October 11, 2010 at 9:16+00:00Oct
Ms. Moon
This is so beautiful. I am happy for your dad although I know that just the doing is enough for him. Still, it is always nice to get recognition.
And I have thought much about why we “create” and I think it all boils down to the fact that creation is the thing which makes us happiest.
And that we must do it, one way or another.
October 12, 2010 at 9:16+00:00Oct
Nigel Featherstone
Hi Ms Moon, perhaps it’s all about birth – the birth of a new human being, the birth of an idea, the growing of that idea into something new and fantastic (or not, as the case may be). And maybe it’s this that sets us apart – we can dream things up and make them happen. And we also want to explore and understand. As I write this comment I’m looking at my cat who appears to be meditating on my couch (it’s raining outside): I wonder if he hungers to create things? No, he just hungers, full-stop. He’s not the creative type.
October 13, 2010 at 9:16+00:00Oct
Gabrielle Bryden
What a wonderful post and a wonderful father. I think humans are by nature creative (even if it is creating and molding children, a village, a life) – producing something new, that wasn’t there before! Artists of the visual variety fascinate me no end – a great way to spend your time.
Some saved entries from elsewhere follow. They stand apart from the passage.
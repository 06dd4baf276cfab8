-- ===== src/Mapping/Bridge/Taps.antt =====
-- The taps of a repeat of AYLink.Web/src/features/inputMapping/inputMappingCommandBridge.ts keep the record of their
-- timers.
use aylink_extra.Prelude.{ℕ, ◌<◌, ◌≡◌, arith, true, false, none, some, if_splits}
use aylink_extra.Prelude.Int.{pos}
use aylink_extra.Prelude.Text.{String}
use aylink_extra.Prelude.Entries.{put, get_entry}
use aylink_extra.Prelude.Numbers.{Numbers}
use aylink_extra.Mapping.Schema.{NormalizedPoint}
use aylink_extra.Mapping.Commands.{touch_down, touch_up}
use aylink_extra.Mapping.Bridge.{
  InputMappingCommandBridge, Senders, lift, send_touch, tap, lift_up, clear_timer, set_timer,
}
use aylink_extra.Mapping.Bridge.Timers.{IsTimed, IsQuiet, send_touch-IsQuiet}

module _ (n : Numbers) (senders : Senders n) where
  -- `tap` after its touch was sent, which gave `d`.
  abbrev pub wait_for_lift :
      (state : ℕ)
      → String
      → NormalizedPoint n
      → InputMappingCommandBridge n
      → InputMappingCommandBridge n
  wait_for_lift state key point d = record (set_timer n (lift state key point) d) {
    states = put state (record (d.states state) { up_handle = some d.next_timer }) d.states;
  }

  wait_for_lift-IsTimed :
      (state : ℕ) (key : String) (point : NormalizedPoint n) (s d : InputMappingCommandBridge n)
      → IsTimed n senders s
      → get_entry key s.repeat_states ≡ some state
      → state < s.next_state
      → (s.states state).is_down ≡ false
      → IsQuiet n senders
          (record s { states = put state (record (s.states state) { is_down = true }) s.states })
          d
      → IsTimed n senders (wait_for_lift state key point d)
  wait_for_lift-IsTimed state key point s d h e low up q = record {
    commands = λ id t g k.
        ground
          (arith, h.commands id t g, h.fresh s.next_timer, q.timers, q.next_timer, q.handles, k);
    taps = λ id i other p k.
        ground (
          arith,
          h.taps id i other p,
          q.timers,
          q.next_timer,
          q.repeats,
          q.states,
          q.next_state,
          k,
        );
    lifts = λ id i other p k.
        ground (
          arith,
          h.lifts id i other p,
          q.timers,
          q.next_timer,
          q.repeats,
          q.states,
          q.next_state,
          k,
        );
    fresh = λ id k. ground (arith, h.fresh id, q.timers, q.next_timer, k);
  }

  pub tap-IsTimed :
      (state : ℕ) (key : String) (point : NormalizedPoint n) (s : InputMappingCommandBridge n)
      → IsTimed n senders s
      → get_entry key s.repeat_states ≡ some state
      → state < s.next_state
      → IsTimed n senders (tap n senders state key point s)
  unfolding tap
  tap-IsTimed state key point s h e low =
      let down = record s {
        states = put state (record (s.states state) { is_down = true }) s.states;
      } in
      if_splits (IsTimed n senders) (s.states state).is_down _ _ (λ f. h)
        (λ f.
          wait_for_lift-IsTimed state key point s
            (send_touch n senders touch_down key point (n.int (pos 1)) down) h e low f
            (send_touch-IsQuiet n senders touch_down key point (n.int (pos 1)) down))

  abbrev lifting : (handle state : ℕ) → InputMappingCommandBridge n → InputMappingCommandBridge n
  lifting handle state s = record s {
    timers = put handle none s.timers;
    states = put state (record (s.states state) { up_handle = none; is_down = false }) s.states;
  }

  lifted-IsTimed :
      (handle state : ℕ) (key : String) (point : NormalizedPoint n)
      (s d : InputMappingCommandBridge n)
      → IsTimed n senders s
      → s.timers handle ≡ some (lift state key point)
      → IsQuiet n senders (lifting handle state s) d
      → IsTimed n senders d
  lifted-IsTimed handle state key point s d h e q = record {
    commands = λ id t g k. ground (arith, h.commands id t g, q.timers, q.next_timer, q.handles, k);
    taps = λ id i other p k.
        ground (
          arith,
          h.taps id i other p,
          q.timers,
          q.next_timer,
          q.repeats,
          q.states,
          q.next_state,
          k,
        );
    lifts = λ id i other p k. ground (
      arith,
      h.lifts id i other p,
      h.lifts handle state key point e,
      q.timers,
      q.next_timer,
      q.repeats,
      q.states,
      q.next_state,
      k,
    );
    fresh = λ id k. ground (arith, h.fresh id, q.timers, q.next_timer, k);
  }

  pub lift_up-IsTimed :
      (handle state : ℕ) (key : String) (point : NormalizedPoint n)
      (s : InputMappingCommandBridge n)
      → IsTimed n senders s
      → s.timers handle ≡ some (lift state key point)
      → IsTimed n senders (lift_up n senders state key point (clear_timer n (some handle) s))
  unfolding lift_up
  lift_up-IsTimed handle state key point s h e =
      lifted-IsTimed handle state key point s _ h e
        (send_touch-IsQuiet n senders touch_up key point (n.int (pos 0)) (lifting handle state s))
October 15, 2010 at 9:16+00:00Oct
Nigel Featherstone
Thanks Gabrielle. I agree that humans are essentially creative, though I wish we could encourage more people to be more creative. That would be one way for the world to be a very different place. And – most likely – much better!
October 14, 2010 at 9:16+00:00Oct
Nana Jo
What a beautiful tribute to your father, and one that really touched me because his paintings are my writings, so to speak. My house is filled with journals and folders and notebooks containing of my words, written for the joy of their composition, and because as you so wonderfully say, “because creating them makes us feel properly alive’.
I recently wrote about framing some of my seven year old grandson’s paintings ( http://ananasjourney.blogspot.com/2010/10/unsolicited-gifts.html ). As he says, “Having paint on my fingers makes me happiest of all”. I think when we create we find our true selves and all we love.
October 15, 2010 at 9:16+00:00Oct
Nigel Featherstone
Hi Nana Jo, “Having paint on my fingers makes me happiest of all” – now that makes ME happiest of all. Thanks heaps for sharing!